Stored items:
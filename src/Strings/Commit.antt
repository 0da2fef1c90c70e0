-- ===== src/Strings/Commit.antt =====
-- What a commit makes of the registry, and that it shuts out the other updates of its generation.
use server_entry.Prelude.{
  length, zero, suc, ◌-◌, [], ◌∷◌, ℕ, ◌-◌, ◌≤◌, ◌<◌, ◌≡◌, ◌≢◌, ◌⊎◌, refl, ap, sym, ◌∙◌, Bool, true,
  false, not, ◌||◌, [], ◌∷◌, ◌++◌, none, some, ◌==◌, Bool-cases, Option-cases, inl, inr, arith,
  subst, bytes_eq, bytes_eq_sound,
}
use server_entry.Strings.{
  Status, ok, initialization_failed, invalid_state, Bytes, Slots, Index, Registry, lookup, slot,
  next_generation, IsIndex, IsIndexed,
}
use server_entry.Strings
use server_entry.Strings.Index.{slot-append_left, slot_bound}
use server_entry.Strings.Update.{
  Update, is_open, is_current, is_ok, prepare_publish, publish_prepared, commit, merge,
}
use server_entry.Strings.Update
use server_entry.Strings.Publish.{Extends, or_else, lookup-append, get-slot}
use server_entry.Strings.Intern.{not_ok}

merge_new :
    (k : Bytes) (n : ℕ) (added index : Index)
    → lookup index k ≡ none
    → merge ((k, n) ∷ added) index ≡ merge added ((k, n) ∷ index)
unfolding merge
merge_new k n added index e = rw (e, merge) refl

merge_old :
    (k : Bytes) (n old : ℕ) (added index : Index)
    → lookup index k ≡ some old
    → merge ((k, n) ∷ added) index ≡ merge added index
unfolding merge
merge_old k n old added index e = rw (e, merge) refl

new_entry :
    (k v : Bytes) (n : ℕ) (added index : Index)
    → lookup index k ≡ none
    → or_else (lookup ((k, n) ∷ index) v) (lookup added v)
      ≡ or_else (lookup index v) (lookup ((k, n) ∷ added) v)
unfolding lookup
new_entry k v n added index e = elim (Bool-cases (bytes_eq k v)) [
  | inl eq ↦ ground (arith, eq, ap (lookup index) (sym (bytes_eq_sound k v eq)) ∙ e)
  | inr ne ↦ rw ne refl
]

old_entry :
    (k v : Bytes) (n old : ℕ) (added index : Index)
    → lookup index k ≡ some old
    → or_else (lookup index v) (lookup added v)
      ≡ or_else (lookup index v) (lookup ((k, n) ∷ added) v)
unfolding lookup
old_entry k v n old added index e = elim (Bool-cases (bytes_eq k v)) [
  | inl eq ↦ ground (arith, eq, ap (lookup index) (sym (bytes_eq_sound k v eq)) ∙ e)
  | inr ne ↦ rw ne refl
]

lookup-merge :
    (added index : Index) (v : Bytes)
    → lookup (merge added index) v ≡ or_else (lookup index v) (lookup added v)
lookup-merge [] index v =
    unfold merge in unfold lookup in ground (arith, Option-cases (lookup index v))
lookup-merge ((k, n) ∷ added) index v = elim (Option-cases (lookup index k)) [
  | inl e ↦
      ap (λ t. lookup t v) (merge_new k n added index e)
      ∙ lookup-merge added ((k, n) ∷ index) v
      ∙ new_entry k v n added index e
  | inr (old, e) ↦
      ap (λ t. lookup t v) (merge_old k n old added index e)
      ∙ lookup-merge added index v
      ∙ old_entry k v n old added index e
]

-- The owner's entries take precedence, and agree with the others.
merged :
    (r : Registry) (u : Update) (v : Bytes)
    → Extends r u
    → lookup (merge u.added_lookup r.lookup_index) v ≡ lookup (u.added_lookup ++ r.lookup_index) v
merged r u v x = elim (Option-cases (lookup r.lookup_index v)) [
  | inl e ↦ ground (
    arith,
    e,
    lookup-merge u.added_lookup r.lookup_index v,
    lookup-append u.added_lookup r.lookup_index v,
    Option-cases (lookup u.added_lookup v),
  )
  | inr (id, e) ↦
      let (p, s) = (x.owner v id).0 e in
      let b = slot_bound r.records (id - 1) v s in
      let both = (x.both v id).1 (p, slot-append_left r.records u.added_records (id - 1) b ∙ s) in
      ground (arith, e, both, lookup-merge u.added_lookup r.lookup_index v)
]

-- What a commit leaves and returns.
pub record Committed (r : Registry) (u : Update) (result : Registry × Update × Status)
    : Type 0 where
  pub indexed : IsIndexed result.0
  pub outcome :
      ((result.2 ≡ ok)
        × ((id : ℕ) → Strings.get result.0 id ≡ Update.get r u id)
        × (result.0.generation ≡ next_generation r.generation)
        × (result.1.committed ≡ true))
      ⊎ ((result.2 ≢ ok) × (result.0 ≡ r))

abbrev appended : Registry → Update → Registry
appended r u = record {
  records = r.records ++ u.added_records;
  lookup_index = merge u.added_lookup r.lookup_index;
  generation = next_generation r.generation;
}

slot_beyond : (xs : Slots) (i : ℕ) → length xs ≤ i → slot xs i ≡ none
slot_beyond [] i h = refl
slot_beyond (x ∷ xs) zero h = absurd (omega arith)
slot_beyond (x ∷ xs) (suc i) h = slot_beyond xs i (omega arith)

-- The registry resolves an identifier as the update did.
appended-get :
    (r : Registry) (u : Update) (id : ℕ)
    → is_open r u ≡ true
    → Strings.get (appended r u) id ≡ Update.get r u id
appended-get r u zero o = unfold Strings.get in unfold Update.get in refl
appended-get r u (suc i) o =
    positive (ground (arith, slot_beyond (r.records ++ u.added_records) i))
    ∙ sym (get-slot r u (suc i) o (omega arith))
  where
    positive :
        (length (r.records ++ u.added_records) ≤ i → slot (r.records ++ u.added_records) i ≡ none)
        → Strings.get (appended r u) (suc i) ≡ slot (r.records ++ u.added_records) (suc i - 1)
    positive far = unfold Strings.get in ground (arith, far)

pub appended-IsIndexed : (r : Registry) (u : Update) → Extends r u → IsIndexed (appended r u)
appended-IsIndexed r u x v id =
    let e = merged r u v x in (λ h. (x.both v id).0 (sym e ∙ h), λ h. e ∙ (x.both v id).1 h)

abbrev ready : Update → Update × Status
ready u = (record u { prepared = true }, ok)

prepare_cases :
    (allocated : Bool) (r : Registry) (u : Update)
    → (is_ok (prepare_publish allocated r u).1 ≡ false)
      ⊎ ((prepare_publish allocated r u ≡ ready u)
          × (u.base_generation ≡ r.generation)
          × (is_open r u ≡ true))
unfolding prepare_publish is_open is_current
prepare_cases allocated r u = elim (Bool-cases (is_ok u.failure)) [
  | inr f ↦ inl (rw f f)
  | inl f ↦ elim (Bool-cases (not u.has_owner || (u.committed || u.prepared))) [
    | inl o ↦ inl (rw (f, o) refl)
    | inr o ↦ elim (Bool-cases (u.base_generation == r.generation)) [
      | inr g ↦ inl (rw (f, o, g) refl)
      | inl g ↦ elim (Bool-cases allocated) [
        | inr a ↦ inl (rw (f, o, g, a) refl)
        | inl a ↦ inr (rw (f, o, g, a) refl, ground arith, ground (arith, o, g))
      ]
    ]
  ]
]

-- A commit that fails leaves the registry as it was.
commit_fails :
    (allocated : Bool) (r : Registry) (u : Update)
    → is_ok (prepare_publish allocated r u).1 ≡ false
    → ((commit allocated r u).0 ≡ r)
      × ((commit allocated r u).2 ≡ (prepare_publish allocated r u).1)
unfolding commit
commit_fails allocated r u e = rw e (refl, refl)

abbrev published_update : Registry → Update → Registry × Update × Status
published_update r u = (
  appended r u,
  record u { added_records = []; added_lookup = []; prepared = true; committed = true },
  ok,
)

commit_succeeds :
    (allocated : Bool) (r : Registry) (u : Update)
    → u.rebuild_compaction_prepared ≡ false
    → prepare_publish allocated r u ≡ ready u
    → commit allocated r u ≡ published_update r u
unfolding commit publish_prepared
commit_succeeds allocated r u c e = rw (e, c) refl

-- After a commit the index of the registry is the inverse of its slots. Where the commit succeeds,
-- the registry resolves each identifier as the update did, its generation is the next one, and the
-- update is committed; where it fails, the registry is the old one.
pub commit-Committed :
    (allocated : Bool) (r : Registry) (u : Update)
    → Extends r u
    → Committed r u (commit allocated r u)
commit-Committed allocated r u x = elim (prepare_cases allocated r u) [
  | inl f ↦
      let (same, status) = commit_fails allocated r u f in
      record {
        indexed = subst IsIndexed (sym same) x.owner;
        outcome = inr (λ h. not_ok _ f (sym status ∙ h), same);
      }
  | inr (e, g, o) ↦
      subst (Committed r u) (sym (commit_succeeds allocated r u x.uncompacted e)) (record {
        indexed = appended-IsIndexed r u x;
        outcome = inl (refl, λ id. appended-get r u id o, refl, refl);
      })
]

-- Of two updates of the same generation one commits at most: the second one fails, and leaves the
-- registry as the first one made it. The generation has not gone round.
pub commit_once :
    (a b : Bool) (r : Registry) (u u₂ : Update)
    → Extends r u
    → r.generation < 0x10000000000000000
    → u₂.base_generation ≡ u.base_generation
    → (commit a r u).2 ≡ ok
    → ((commit b (commit a r u).0 u₂).2 ≢ ok)
      × ((commit b (commit a r u).0 u₂).0 ≡ (commit a r u).0)
commit_once a b r u u₂ x l same h = elim (prepare_cases b (commit a r u).0 u₂) [
  | inl f ↦
      let (kept, status) = commit_fails b (commit a r u).0 u₂ f in
      (λ q. not_ok _ f (sym status ∙ q), kept)
  | inr (e, g, o) ↦ absurd (current g)
]
  where
    current : u₂.base_generation ≡ (commit a r u).0.generation → ⊥
    current g = elim (prepare_cases a r u) [
      | inl f ↦ not_ok _ f (sym (commit_fails a r u f).1 ∙ h)
      | inr (e, base, o) ↦
          let n : (commit a r u).0.generation ≡ next_generation r.generation =
            ap (λ t. t.0.generation) (commit_succeeds a r u x.uncompacted e) in
          omega (arith, n, base, g, same)
    ]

TASK: Quote, word for word, every line starting at the one that contains "commit_once a b" and ending with the final line of the entries.

REPLY TO THE TASK:
commit_once a b r u u₂ x l same h = elim (prepare_cases b (commit a r u).0 u₂) [
  | inl f ↦
      let (kept, status) = commit_fails b (commit a r u).0 u₂ f in
      (λ q. not_ok _ f (sym status ∙ q), kept)
  | inr (e, g, o) ↦ absurd (current g)
]
  where
    current : u₂.base_generation ≡ (commit a r u).0.generation → ⊥
    current g = elim (prepare_cases a r u) [
      | inl f ↦ not_ok _ f (sym (commit_fails a r u f).1 ∙ h)
      | inr (e, base, o) ↦
          let n : (commit a r u).0.generation ≡ next_generation r.generation =
            ap (λ t. t.0.generation) (commit_succeeds a r u x.uncompacted e) in
          omega (arith, n, base, g, same)
    ]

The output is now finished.